Interesting Conflicts Cleared — Expert Malpractice Opinions from Partners, Independent Contractor Clash

Appeals Court Revives Legal Malpractice Suit, OK’s Same-Firm Lawyer’s Expert Affidavit” —

  • “Ruling in a case of first impression, the Georgia Court of Appeals revived a legal malpractice lawsuit after finding the trial judge improperly dismissed it simply because the expert affidavit supporting the complaint was written by an attorney who also was a law partner of the filing attorney. The defendants had argued there was an “inherent conflict” in allowing the affidavit, but the Court of Appeals said the lawyer who wrote it met all the requirements of the law.”
  • “Far from creating a conflict with the client’s interests, the lawyer’s affidavit actually ‘serves to advance those interests,’ wrote Presiding Judge Anne Elizabeth Barnes, with the concurrence of Judges Elizabeth Gobeil and John Pipkin III on Friday.”
  • “Plaintiffs attorney William Ney of Ney Rhein said of the ruling, ‘It just confirms what the ethics rules are: That members of the same firm can provide pretrial affidavits on behalf of each other’s clients and still comply with [the statute].'”

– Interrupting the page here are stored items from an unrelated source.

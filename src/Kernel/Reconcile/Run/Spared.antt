-- ===== src/Kernel/Reconcile/Run/Spared.antt =====
-- What an entry was taken for is spared by the removal steps of its snapshot.
use mathlib.Core.List.{Memᴰ}
use index_core.Base.{
  Str, str_eq_refl, contains, ℕ, ◌≡◌, refl, sym, ap, ◌∙◌, ◌≢◌, inl, inr, true, List, [], ◌∷◌, map,
  select, All, subst, All-map, All-append, Bool-cases, String, arith,
}
use index_core.Domain.Enums.{AcceptanceState}
use index_core.Domain.Entities.{SnapshotEntry}
use index_core.Kernel.Reconcile.Types.{Config, PriorResource, Transition}
use index_core.Kernel.Reconcile.Index.{PriorIndex}
use index_core.Kernel.Reconcile.Index.Lookup.{index_of}
use index_core.Kernel.Reconcile.Resolve.{
  IdentityResolution, matched, new_resource, unresolved, resolve,
}
use index_core.Kernel.Reconcile.Resolve
use index_core.Kernel.Reconcile.Run.Removals.{
  is_removal_step, NoRemovalStep, is_missed, reconcile-no_removal, reconcile-missed,
  observe_entries-no_removal,
}
use index_core.Kernel.Reconcile.Missing.{missing_transition}
use index_core.Kernel.Reconcile.Run.{
  RunState, take_resolution, take_entries, observe_entries, reconcile,
}

contains-take_resolution :
    (cfg : Config) (e : SnapshotEntry) (s : RunState) (r : IdentityResolution) (id : Str)
    → contains s.observed id ≡ true
    → contains (take_resolution cfg e s r).observed id ≡ true
unfolding take_resolution contains
contains-take_resolution cfg e s (matched p reason) id h = ground (arith, h)
contains-take_resolution cfg e s (new_resource reason) id h = h
contains-take_resolution cfg e s (unresolved reason) id h = h
contains-take_resolution cfg e s (Resolve.conflict reason) id h = h

contains-take_entries :
    (ix : PriorIndex) (cfg : Config) (now : ℕ) (s : RunState) (es : List SnapshotEntry) (id : Str)
    → contains s.observed id ≡ true
    → contains (take_entries ix cfg now s es).observed id ≡ true
unfolding take_entries
contains-take_entries ix cfg now s [] id h = h
contains-take_entries ix cfg now s (e ∷ es) id h =
    contains-take_entries ix cfg now (take_resolution cfg e s (resolve ix e cfg now)) es id
      (contains-take_resolution cfg e s (resolve ix e cfg now) id h)

take_matched-contains :
    (cfg : Config) (e : SnapshotEntry) (s : RunState) (p : PriorResource) (reason : String)
    → contains (take_resolution cfg e s (matched p reason)).observed p.resource_id ≡ true
unfolding take_resolution contains
take_matched-contains cfg e s p reason = ground (arith, str_eq_refl p.resource_id)

take_entries-contains :
    (ix : PriorIndex) (cfg : Config) (now : ℕ) (s : RunState) (es : List SnapshotEntry)
    {e : SnapshotEntry} (p : PriorResource) (reason : String)
    → Memᴰ e es
    → resolve ix e cfg now ≡ matched p reason
    → contains (take_entries ix cfg now s es).observed p.resource_id ≡ true
unfolding take_entries
take_entries-contains ix cfg now s [] p reason m h = elim m [ ]
take_entries-contains ix cfg now s (x ∷ es) p reason (Memᴰ.head q) h =
    let r = ap (λ y. resolve ix y cfg now) (sym q) ∙ h in
    contains-take_entries ix cfg now (take_resolution cfg x s (resolve ix x cfg now)) es
      p.resource_id
      (subst (λ v. contains (take_resolution cfg x s v).observed p.resource_id ≡ true) (sym r)
        (take_matched-contains cfg x s p reason))
take_entries-contains ix cfg now s (x ∷ es) p reason (Memᴰ.tail m) h =
    take_entries-contains ix cfg now (take_resolution cfg x s (resolve ix x cfg now)) es p reason m
      h

abbrev SparesRemoved : Str → Transition → Type 0
SparesRemoved id t = is_removal_step t.kind ≡ true → t.resource_id ≢ id

missing_transition-resource_id :
    (p : PriorResource) (cfg : Config) (now : ℕ) (snapshot_id : Str)
    → (missing_transition p cfg now snapshot_id).resource_id ≡ p.resource_id
unfolding missing_transition
missing_transition-resource_id p cfg now snapshot_id = ground arith

missed-spares :
    (cfg : Config) (now : ℕ) (snapshot_id id : Str) (observed : List Str) (ps : List PriorResource)
    → contains observed id ≡ true
    → All
        (SparesRemoved id)
        (map (λ p. missing_transition p cfg now snapshot_id) (select (is_missed observed) ps))
unfolding select
missed-spares cfg now snapshot_id id observed [] h = tt
missed-spares cfg now snapshot_id id observed (p ∷ ps) h =
    let rest = missed-spares cfg now snapshot_id id observed ps h in
    elim (Bool-cases (is_missed observed p)) [
      | inl missed ↦ rw missed (
        (λ _ same. ground (
          arith,
          missing_transition-resource_id p cfg now snapshot_id,
          ap (contains observed)
              (sym (missing_transition-resource_id p cfg now snapshot_id) ∙ same),
        )),
        rest,
      )
      | inr kept ↦ rw kept rest
    ]

no_removal-spares :
    (id : Str) (ts : List Transition) → All NoRemovalStep ts → All (SparesRemoved id) ts
no_removal-spares id ts h = All-map (λ t none_here removes. cc) ts h

complete-spares :
    (prior : List PriorResource) (entries : List SnapshotEntry) (cfg : Config) (now : ℕ)
    (snapshot_id : Str) {e : SnapshotEntry} (p : PriorResource) (reason : String)
    → Memᴰ e entries
    → resolve (index_of prior entries) e cfg now ≡ matched p reason
    → All
        (SparesRemoved p.resource_id)
        (reconcile prior entries AcceptanceState.complete cfg now snapshot_id).transitions
unfolding observe_entries
complete-spares prior entries cfg now snapshot_id p reason m h =
    let calm = observe_entries-no_removal prior entries cfg now in
    let made = reconcile-missed prior entries cfg now snapshot_id in
    let s = observe_entries prior entries cfg now in
    let seen = take_entries-contains (index_of prior entries) cfg now _ entries p reason m h in
    subst (All (SparesRemoved p.resource_id)) (sym made) (
      All-append (SparesRemoved p.resource_id) s.result.transitions _
        (no_removal-spares p.resource_id s.result.transitions calm)
        (missed-spares cfg now snapshot_id p.resource_id s.observed prior seen))

-- What an entry was taken for gathers no removal evidence from that snapshot, whichever verdict it
-- has: no removal step of the result names the resource's id.
pub matched-not_removed :
    (prior : List PriorResource) (entries : List SnapshotEntry) (acceptance : AcceptanceState)
    (cfg : Config) (now : ℕ) (snapshot_id : Str) {e : SnapshotEntry} (p : PriorResource)
    (reason : String)
    → Memᴰ e entries
    → resolve (index_of prior entries) e cfg now ≡ matched p reason
    → All
        (λ t. is_removal_step t.kind ≡ true → t.resource_id ≢ p.resource_id)
        (reconcile prior entries acceptance cfg now snapshot_id).transitions
matched-not_removed prior entries acceptance cfg now snapshot_id p reason m h =
    elim acceptance
      as (λ a.
        All (SparesRemoved p.resource_id)
          (reconcile prior entries a cfg now snapshot_id).transitions) [
            | AcceptanceState.complete ↦
                complete-spares prior entries cfg now snapshot_id p reason m h
            | AcceptanceState.partial ↦ no_removal-spares p.resource_id _ (
                reconcile-no_removal prior entries AcceptanceState.partial cfg now snapshot_id refl)
            | AcceptanceState.failed ↦
                no_removal-spares p.resource_id _ (
                  reconcile-no_removal prior entries AcceptanceState.failed cfg now snapshot_id
                    refl)
            | AcceptanceState.stale ↦
                no_removal-spares p.resource_id _ (
                  reconcile-no_removal prior entries AcceptanceState.stale cfg now snapshot_id refl)
            | AcceptanceState.suspicious ↦ no_removal-spares p.resource_id _ (
                reconcile-no_removal prior entries AcceptanceState.suspicious cfg now snapshot_id
                  refl)
          ]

May 2020 Independent Contractor Misclassification and Compliance Law News Update” —

  • “The new complaint filed in federal court in Pennsylvania alleges that the drivers and other personnel making deliveries for the ISP are actually employed by FedEx through intermediary employers – the ISPs – to perform delivery services for FedEx and that FedEx is the joint employer of the drivers along with the ISP companies. Because the drivers’ counsel, Lichten & Liss-Riordan, P.C., also represent a group of ISPs claiming that they are employees who have been misclassified as ICs by FedEx, the company brought a motion to disqualify the law firm.”
  • “FedEx argued that the law firm’s representation of the drivers in this case against the company and its representation of a class of ISPs against FedEx in another pending federal court case has created a conflict of interest for the law firm under the applicable Rules of Professional Conduct because the new lawsuit asserts that FedEx is a joint employer with the ISPs of the drivers and helpers.”
  • “The Pennsylvania federal court denied FedEx’s motion to disqualify the drivers’ counsel. The court concluded that although the plaintiffs will attempt to prove that FedEx is a joint employer under the FLSA, the ISPs are not a party to the action and ‘there is no circumstance wherein this Court or a jury will be required to find that [Independent] Service Providers are Plaintiffs’ employers.'”
  • “It further found that ‘[w]hile FedEx may pursue indemnification and contract termination following the conclusion of the action, a finding of liability on FedEx’s part in no way establishes FedEx’s right to recover from [Independent] Service Providers,’ and that the court would not be required to determine whether the ISPs, who are not parties to the action, are liable for FLSA violations in order for the drivers to recover.”